Excellent post AgilityIG - I had not thought of that. I will have to get a harness for Swizzle so he gets use to both.


----------



## Camille (Feb 3, 2011)

I found that the 3/4 inch collars were too small for esme she would hack and cough and cough. But when i made my own(Im thinking of eventually making some for sale once i test them on tougher dogs) 1 1/2" martingale collar(All material no check chain) she completely stopped.They only tighten slightly while walking and is not used for correcting. I don't like using harnesses, I find that they don't learn to walk properly with them and tend to pull more. Ive only used a harness once with esme thinking it would help with her coughing and she just pulled more while with the wider collar it holds her neck better so its not putting pressure on a spot like the smaller ones. I use a 1" buckle collar for henry since hes still a puppy but once he grows more and has a nice long neck like Esme has He will be wearing a stylish martingale also.


----------



## Poodleone (Apr 13, 2011)

You really have to ask yourself "what would you like your dog to do when you walk". If you would like to have have the dog walk with you or is it ok for the dog to wander,sniff,pull,and be curious. If you are working toward the dog being with you and close, collar and leash training is the fastest and most successful avenue to pursue. If snatching them up in an emergency is important, then I would consider both. After the initial collar training is complete you could switch back and forth as needed until you have a dog that both walks with and on harness.

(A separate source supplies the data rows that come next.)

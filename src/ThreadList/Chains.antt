-- ===== src/ThreadList/Chains.antt =====
-- Links of nodes: paths, and what a splice and its reverse make of them.
use os161_project_c.Base.{
  ℕ, ◌≡◌, refl, ◌≢◌, true, false, none, some, List, [], ◌∷◌, ◌++◌, arith, update, ok,
}
use os161_project_c.Base.Members.{is_member, Distinct, is_member-++, Distinct-split}
use os161_project_c.ThreadList.{
  Nodes, hook, threadlist_insertafternode, threadlist_insertbeforenode, threadlist_removenode,
}

-- `a` and `b` point to each other.
abbrev pub Linked : Nodes → ℕ → ℕ → Type 0
Linked s a b = (s.tln_next a ≡ some b) × (s.tln_prev b ≡ some a)

-- From `a` the links lead through `l` in order.
abbrev pub PathOf : Nodes → ℕ → List ℕ → Type 0
PathOf s a [] = Unit
PathOf s a (b ∷ l) = Linked s a b × PathOf s b l

abbrev pub last_of : ℕ → List ℕ → ℕ
last_of a [] = a
last_of a (b ∷ l) = last_of b l

pub last_of-is_member : (a : ℕ) (l : List ℕ) → is_member (last_of a l) (a ∷ l) ≡ true
last_of-is_member a [] = ground arith
last_of-is_member a (b ∷ l) = ground (arith, last_of-is_member b l)

pub last_of-append : (a : ℕ) (l : List ℕ) (c : ℕ) → last_of a (l ++ (c ∷ [])) ≡ c
last_of-append a [] c = refl
last_of-append a (b ∷ l) c = last_of-append b l c

pub PathOf-split :
    (s : Nodes) (a : ℕ) (l r : List ℕ)
    → PathOf s a (l ++ r)
    → PathOf s a l × PathOf s (last_of a l) r
PathOf-split s a [] r p = (tt, p)
PathOf-split s a (b ∷ l) r p = let (left, right) = PathOf-split s b l r p.1 in ((p.0, left), right)

pub PathOf-join :
    (s : Nodes) (a : ℕ) (l r : List ℕ)
    → PathOf s a l
    → PathOf s (last_of a l) r
    → PathOf s a (l ++ r)
PathOf-join s a [] r p q = q
PathOf-join s a (b ∷ l) r p q = (p.0, PathOf-join s b l r p.1 q)

-- `t` between `x` and `y`.
abbrev pub splice : (x t y : ℕ) → Nodes → Nodes
splice x t y s = record s {
  tln_next = update (update s.tln_next t (some y)) x (some t);
  tln_prev = update (update s.tln_prev t (some x)) y (some t);
}

-- `t` taken out from between `x` and `y`.
abbrev pub unsplice : (x t y : ℕ) → Nodes → Nodes
unsplice x t y s = record s {
  tln_next = update (update s.tln_next x (some y)) t none;
  tln_prev = update (update s.tln_prev y (some x)) t none;
}

-- Both insertions splice.
pub threadlist_insertafternode-splice :
    (x t y : ℕ) (s : Nodes)
    → Linked s x y
    → t ≢ x
    → threadlist_insertafternode x t s ≡ ok (splice x t y s)
unfolding threadlist_insertafternode hook
threadlist_insertafternode-splice x t y s k away = ground (arith, k)

pub threadlist_insertbeforenode-splice :
    (x t y : ℕ) (s : Nodes)
    → Linked s x y
    → t ≢ x
    → threadlist_insertbeforenode t y s ≡ ok (splice x t y s)
unfolding threadlist_insertbeforenode hook
threadlist_insertbeforenode-splice x t y s k away = ground (arith, k)

-- A removal is the reverse.
pub threadlist_removenode-unsplice :
    (x t y : ℕ) (s : Nodes)
    → Linked s x t
    → Linked s t y
    → t ≢ x
    → threadlist_removenode t s ≡ ok (unsplice x t y s)
unfolding threadlist_removenode
threadlist_removenode-unsplice x t y s k k' away = ground (arith, k, k')

-- Two stores with the same links, but at `x` and `t` for the next and at `y` and `t` for the
-- previous node.
pub record Outside (x t y : ℕ) (s s' : Nodes) : Type 0 where
  pub nexts : (u : ℕ) → u ≢ x → u ≢ t → s'.tln_next u ≡ s.tln_next u
  pub prevs : (u : ℕ) → u ≢ y → u ≢ t → s'.tln_prev u ≡ s.tln_prev u

module _ {x t y : ℕ} {s s' : Nodes} (o : Outside x t y s s') where
  -- A path that ends at `x` is left alone.
  pub PathOf-before :
      (a : ℕ) (l : List ℕ)
      → last_of a l ≡ x
      → Distinct (a ∷ l)
      → is_member t (a ∷ l) ≡ false
      → is_member y (a ∷ l) ≡ false
      → PathOf s a l
      → PathOf s' a l
  PathOf-before a [] e d t_away y_away p = tt
  PathOf-before a (b ∷ l) e d t_away y_away p = (
    ground (arith, o.nexts a, o.prevs b, last_of-is_member b l),
    PathOf-before b l e d.1 (ground arith) (ground arith) p.1,
  )

  -- A path from `y` on is left alone.
  pub PathOf-after :
      (a : ℕ) (l : List ℕ)
      → is_member x (a ∷ l) ≡ false
      → is_member t (a ∷ l) ≡ false
      → is_member y l ≡ false
      → PathOf s a l
      → PathOf s' a l
  PathOf-after a [] x_away t_away y_away p = tt
  PathOf-after a (b ∷ l) x_away t_away y_away p = (
    ground (arith, o.nexts a, o.prevs b),
    PathOf-after b l (ground arith) (ground arith) (ground arith) p.1,
  )

module _ (s : Nodes) (a : ℕ) (l : List ℕ) (t y : ℕ) (r : List ℕ) where
  -- A new node between the end of `l` and `y`.
  pub splice-PathOf :
      Distinct (a ∷ (l ++ (y ∷ r)))
      → is_member t (a ∷ (l ++ (y ∷ r))) ≡ false
      → PathOf s a (l ++ (y ∷ r))
      → PathOf (splice (last_of a l) t y s) a (l ++ (t ∷ y ∷ r))
  splice-PathOf d away p =
      PathOf-join (splice x t y s) a l (t ∷ y ∷ r)
        (PathOf-before o a l refl whole.0 (ground (arith, is_member-++ t l (y ∷ r)))
          (ground (arith, whole.2 y)) halves.0)
        (
          ground (arith, fresh),
          (
            ground (arith, fresh),
            PathOf-after o y r (whole.2 x (last_of-is_member a l))
                (ground (arith, is_member-++ t l (y ∷ r))) whole.1.0 halves.1.1,
          ),
        )
    where
      x : ℕ
      x = last_of a l

      whole :
          Distinct (a ∷ l)
          × Distinct (y ∷ r)
          × ((i : ℕ) → is_member i (a ∷ l) ≡ true → is_member i (y ∷ r) ≡ false)
      whole = Distinct-split (a ∷ l) (y ∷ r) d

      halves : PathOf s a l × PathOf s x (y ∷ r)
      halves = PathOf-split s a l (y ∷ r) p

      fresh : (t ≢ x) × (t ≢ y) × (x ≢ y)
      fresh = (
        λ e. ground (arith, last_of-is_member a l, is_member-++ t l (y ∷ r)),
        λ e. ground (arith, is_member-++ t l (y ∷ r)),
        λ e. ground (arith, last_of-is_member a l, whole.2 x),
      )

      o : Outside x t y s (splice x t y s)
      o = record { nexts = λ u m k. ground arith; prevs = λ u m k. ground arith }

  -- The node between the end of `l` and `y` goes.
  pub unsplice-PathOf :
      Distinct (a ∷ (l ++ (t ∷ y ∷ r)))
      → PathOf s a (l ++ (t ∷ y ∷ r))
      → PathOf (unsplice (last_of a l) t y s) a (l ++ (y ∷ r))
  unsplice-PathOf d p =
      PathOf-join (unsplice x t y s) a l (y ∷ r)
        (PathOf-before o a l refl whole.0 (ground (arith, whole.2 t)) (ground (arith, whole.2 y))
          halves.0)
        (
          ground (arith, fresh),
          PathOf-after o y r (ground (arith, whole.2 x, last_of-is_member a l)) whole.1.0
              whole.1.1.0 halves.1.1.1,
        )
    where
      x : ℕ
      x = last_of a l

      whole :
          Distinct (a ∷ l)
          × Distinct (t ∷ y ∷ r)
          × ((i : ℕ) → is_member i (a ∷ l) ≡ true → is_member i (t ∷ y ∷ r) ≡ false)
      whole = Distinct-split (a ∷ l) (t ∷ y ∷ r) d

      halves : PathOf s a l × PathOf s x (t ∷ y ∷ r)
      halves = PathOf-split s a l (t ∷ y ∷ r) p

      fresh : (t ≢ x) × (t ≢ y) × (x ≢ y)
      fresh = (
        λ e. ground (arith, last_of-is_member a l, whole.2 x),
        λ e. ground (arith, whole.1),
        λ e. ground (arith, last_of-is_member a l, whole.2 x),
      )

      o : Outside x t y s (unsplice x t y s)
      o = record { nexts = λ u m k. ground arith; prevs = λ u m k. ground arith }
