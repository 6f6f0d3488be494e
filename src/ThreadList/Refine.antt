-- ===== src/ThreadList/Refine.antt =====
-- A thread list holds a sequence of threads, and its operations are those of sequences.
use mathlib.Core.List.{append_assoc}
use os161_project_c.Base.{
  ℕ, ◌+◌, ◌^◌, ◌<◌, ◌≡◌, refl, ap, ◌∙◌, ◌≢◌, true, false, none, some, List, [], ◌∷◌, ◌++◌, arith,
}
use os161_project_c.Base.Members.{
  is_member, Distinct, is_member-++, Distinct-split, Distinct-insert, Distinct-remove, length,
  length-++,
}
use os161_project_c.ThreadList.{Nodes, ThreadList, count_up, count_down, threadlist_init}
use os161_project_c.ThreadList.Chains.{
  Linked, PathOf, last_of, last_of-is_member, PathOf-split, splice, unsplice, splice-PathOf,
  unsplice-PathOf,
}

-- The nodes that follow the first bookend.
abbrev pub nodes : ThreadList → List ℕ → List ℕ
nodes tl ts = ts ++ (tl.tl_tail ∷ [])

-- The list holds the threads `ts` in this order.
pub record Holds (s : Nodes) (tl : ThreadList) (ts : List ℕ) : Type 0 where
  pub path : PathOf s tl.tl_head (nodes tl ts)
  pub distinct : Distinct (tl.tl_head ∷ nodes tl ts)
  pub first : s.tln_prev tl.tl_head ≡ none
  pub last : s.tln_next tl.tl_tail ≡ none
  pub selves : (t : ℕ) → is_member t ts ≡ true → s.tln_self t ≡ some t
  pub count : s.tl_count tl.tl_head ≡ length ts
  pub fits : length ts < 2 ^ 32

-- A thread that may be added: it is not on the list, and its node names it.
pub record IsLoose (s : Nodes) (tl : ThreadList) (ts : List ℕ) (t : ℕ) : Type 0 where
  pub away : is_member t (tl.tl_head ∷ nodes tl ts) ≡ false
  pub self : s.tln_self t ≡ some t
  pub room : length ts + 1 < 2 ^ 32

-- A new list is empty.
pub threadlist_init-Holds :
    (s : Nodes) (tl : ThreadList) → tl.tl_head ≢ tl.tl_tail → Holds (threadlist_init tl s) tl []
unfolding threadlist_init
threadlist_init-Holds s tl apart = record {
  path = ((ground arith, ground arith), tt);
  distinct = (ground arith, (refl, tt));
  first = ground arith;
  last = ground arith;
  selves = λ t m. cc;
  count = ground arith;
  fits = omega arith;
}

-- The first node behind a place in the list.
pub follower :
    (tl : ThreadList) (ts : List ℕ)
    → (y : ℕ) × (r : List ℕ) × (nodes tl ts ≡ y ∷ r) × (is_member tl.tl_tail (y ∷ r) ≡ true)
follower tl [] = (tl.tl_tail, [], refl, ground arith)
follower tl (t ∷ ts) =
    (t, nodes tl ts, refl, ground (arith, is_member-++ tl.tl_tail ts (tl.tl_tail ∷ [])))

module _ {s : Nodes} {tl : ThreadList} (l r : List ℕ) (t : ℕ) where
  pub splice-Holds :
      (y : ℕ) (r' : List ℕ)
      → nodes tl r ≡ y ∷ r'
      → is_member tl.tl_tail (y ∷ r') ≡ true
      → Holds s tl (l ++ r)
      → IsLoose s tl (l ++ r) t
      → Holds (count_up tl (splice (last_of tl.tl_head l) t y s)) tl (l ++ (t ∷ r))
  splice-Holds y r' behind has_tail h loose = record {
    path = rw (after) (splice-PathOf s tl.tl_head l t y r' old_distinct old_away old_path);
    distinct = rw (after) (Distinct-insert (tl.tl_head ∷ l) (y ∷ r') t old_distinct old_away);
    first = ground (arith, h.first, is_member-++ y l (y ∷ r'), old_distinct, old_away);
    last = ground (
      arith,
      h.last,
      apart.2 (last_of tl.tl_head l),
      last_of-is_member tl.tl_head l,
      old_away,
      is_member-++ t l (y ∷ r'),
    );
    selves =
        λ u m. ground (arith, loose.self, h.selves u, is_member-++ u l (t ∷ r), is_member-++ u l r);
    count = ground (arith, h.count, loose.room, length-++ l (t ∷ r), length-++ l r);
    fits = omega (arith, loose.room, length-++ l (t ∷ r), length-++ l r);
  }
    where
      before : nodes tl (l ++ r) ≡ l ++ (y ∷ r')
      before = append_assoc l r (tl.tl_tail ∷ []) ∙ ap (λ m. l ++ m) behind

      after : nodes tl (l ++ (t ∷ r)) ≡ l ++ (t ∷ y ∷ r')
      after = append_assoc l (t ∷ r) (tl.tl_tail ∷ []) ∙ ap (λ m. l ++ (t ∷ m)) behind

      old_path : PathOf s tl.tl_head (l ++ (y ∷ r'))
      old_path = rw (← before) h.path

      old_distinct : Distinct (tl.tl_head ∷ (l ++ (y ∷ r')))
      old_distinct = rw (← before) h.distinct

      old_away : is_member t (tl.tl_head ∷ (l ++ (y ∷ r'))) ≡ false
      old_away = rw (← before) loose.away

      apart :
          Distinct (tl.tl_head ∷ l)
          × Distinct (y ∷ r')
          × ((i : ℕ) → is_member i (tl.tl_head ∷ l) ≡ true → is_member i (y ∷ r') ≡ false)
      apart = Distinct-split (tl.tl_head ∷ l) (y ∷ r') old_distinct

  -- What is before `t` and behind it point to each other.
  pub unsplice-Holds :
      (y : ℕ) (r' : List ℕ)
      → nodes tl r ≡ y ∷ r'
      → is_member tl.tl_tail (y ∷ r') ≡ true
      → Holds s tl (l ++ (t ∷ r))
      → Holds (count_down tl (unsplice (last_of tl.tl_head l) t y s)) tl (l ++ r)
  unsplice-Holds y r' behind has_tail h = record {
    path = rw (before) (unsplice-PathOf s tl.tl_head l t y r' old_distinct old_path);
    distinct = rw (before) (Distinct-remove (tl.tl_head ∷ l) (y ∷ r') t old_distinct).0;
    first = ground (arith, h.first, apart.2 y, apart.2 t);
    last =
        ground
          (arith, h.last, apart.2 (last_of tl.tl_head l), last_of-is_member tl.tl_head l, apart.1);
    selves = λ u m. ground (arith, h.selves u, is_member-++ u l (t ∷ r), is_member-++ u l r);
    count = ground (arith, h.count, h.fits, length-++ l (t ∷ r), length-++ l r);
    fits = omega (arith, h.fits, length-++ l (t ∷ r), length-++ l r);
  }
    where
      before : nodes tl (l ++ r) ≡ l ++ (y ∷ r')
      before = append_assoc l r (tl.tl_tail ∷ []) ∙ ap (λ m. l ++ m) behind

      after : nodes tl (l ++ (t ∷ r)) ≡ l ++ (t ∷ y ∷ r')
      after = append_assoc l (t ∷ r) (tl.tl_tail ∷ []) ∙ ap (λ m. l ++ (t ∷ m)) behind

      old_path : PathOf s tl.tl_head (l ++ (t ∷ y ∷ r'))
      old_path = rw (← after) h.path

      old_distinct : Distinct (tl.tl_head ∷ (l ++ (t ∷ y ∷ r')))
      old_distinct = rw (← after) h.distinct

      apart :
          Distinct (tl.tl_head ∷ l)
          × Distinct (t ∷ y ∷ r')
          × ((i : ℕ) → is_member i (tl.tl_head ∷ l) ≡ true → is_member i (t ∷ y ∷ r') ≡ false)
      apart = Distinct-split (tl.tl_head ∷ l) (t ∷ y ∷ r') old_distinct

  -- The links around a place between `l` and `r`.
  pub link_at :
      (y : ℕ) (r' : List ℕ)
      → nodes tl r ≡ y ∷ r'
      → Holds s tl (l ++ r)
      → Linked s (last_of tl.tl_head l) y
  link_at y r' behind h = (PathOf-split s tl.tl_head l (y ∷ r') old_path).1.0
    where
      old_path : PathOf s tl.tl_head (l ++ (y ∷ r'))
      old_path = rw (← (append_assoc l r (tl.tl_tail ∷ []) ∙ ap (λ m. l ++ m) behind)) h.path

  pub links_around :
      (y : ℕ) (r' : List ℕ)
      → nodes tl r ≡ y ∷ r'
      → Holds s tl (l ++ (t ∷ r))
      → Linked s (last_of tl.tl_head l) t × Linked s t y × (t ≢ last_of tl.tl_head l)
  links_around y r' behind h = (
    links.0,
    links.1.0,
    λ e. ground (arith, last_of-is_member tl.tl_head l, apart (last_of tl.tl_head l)),
  )
    where
      after : nodes tl (l ++ (t ∷ r)) ≡ l ++ (t ∷ y ∷ r')
      after = append_assoc l (t ∷ r) (tl.tl_tail ∷ []) ∙ ap (λ m. l ++ (t ∷ m)) behind

      links : PathOf s (last_of tl.tl_head l) (t ∷ y ∷ r')
      links = (PathOf-split s tl.tl_head l (t ∷ y ∷ r') (rw (← after) h.path)).1

      apart : (i : ℕ) → is_member i (tl.tl_head ∷ l) ≡ true → is_member i (t ∷ y ∷ r') ≡ false
      apart =
          let (_, _, away) =
            Distinct-split (tl.tl_head ∷ l) (t ∷ y ∷ r') (rw (← after) h.distinct) in
          away

  pub loose-apart : IsLoose s tl (l ++ r) t → t ≢ last_of tl.tl_head l
  loose-apart loose e = ground (
    arith,
    loose.away,
    last_of-is_member tl.tl_head l,
    is_member-++ t (l ++ r) (tl.tl_tail ∷ []),
    is_member-++ t l r,
  )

A dog on a loose leash will have to pay attention to know where you are---a dog at the end of the leash(pulling) does not have to pay attention because he can feel you at the other end of the leash. So if you want to walk your dog or go for a walk with your pal. If a dog pulls until he chokes--tie him to a fixed object(don't leave him) and let him self correct himself for a while--these are poodles and learn quickly.


----------



## sschoe2 (Mar 16, 2011)

I tried the Easywalk, actually the harness I have had a ring on the chest for the leash. It made a world of difference. For the first time I walked Sari for nearly 2 miles and she did not pull and walked nicely beside me. Unfortunately she is getting spayed today so she will be off walking for a little while.


----------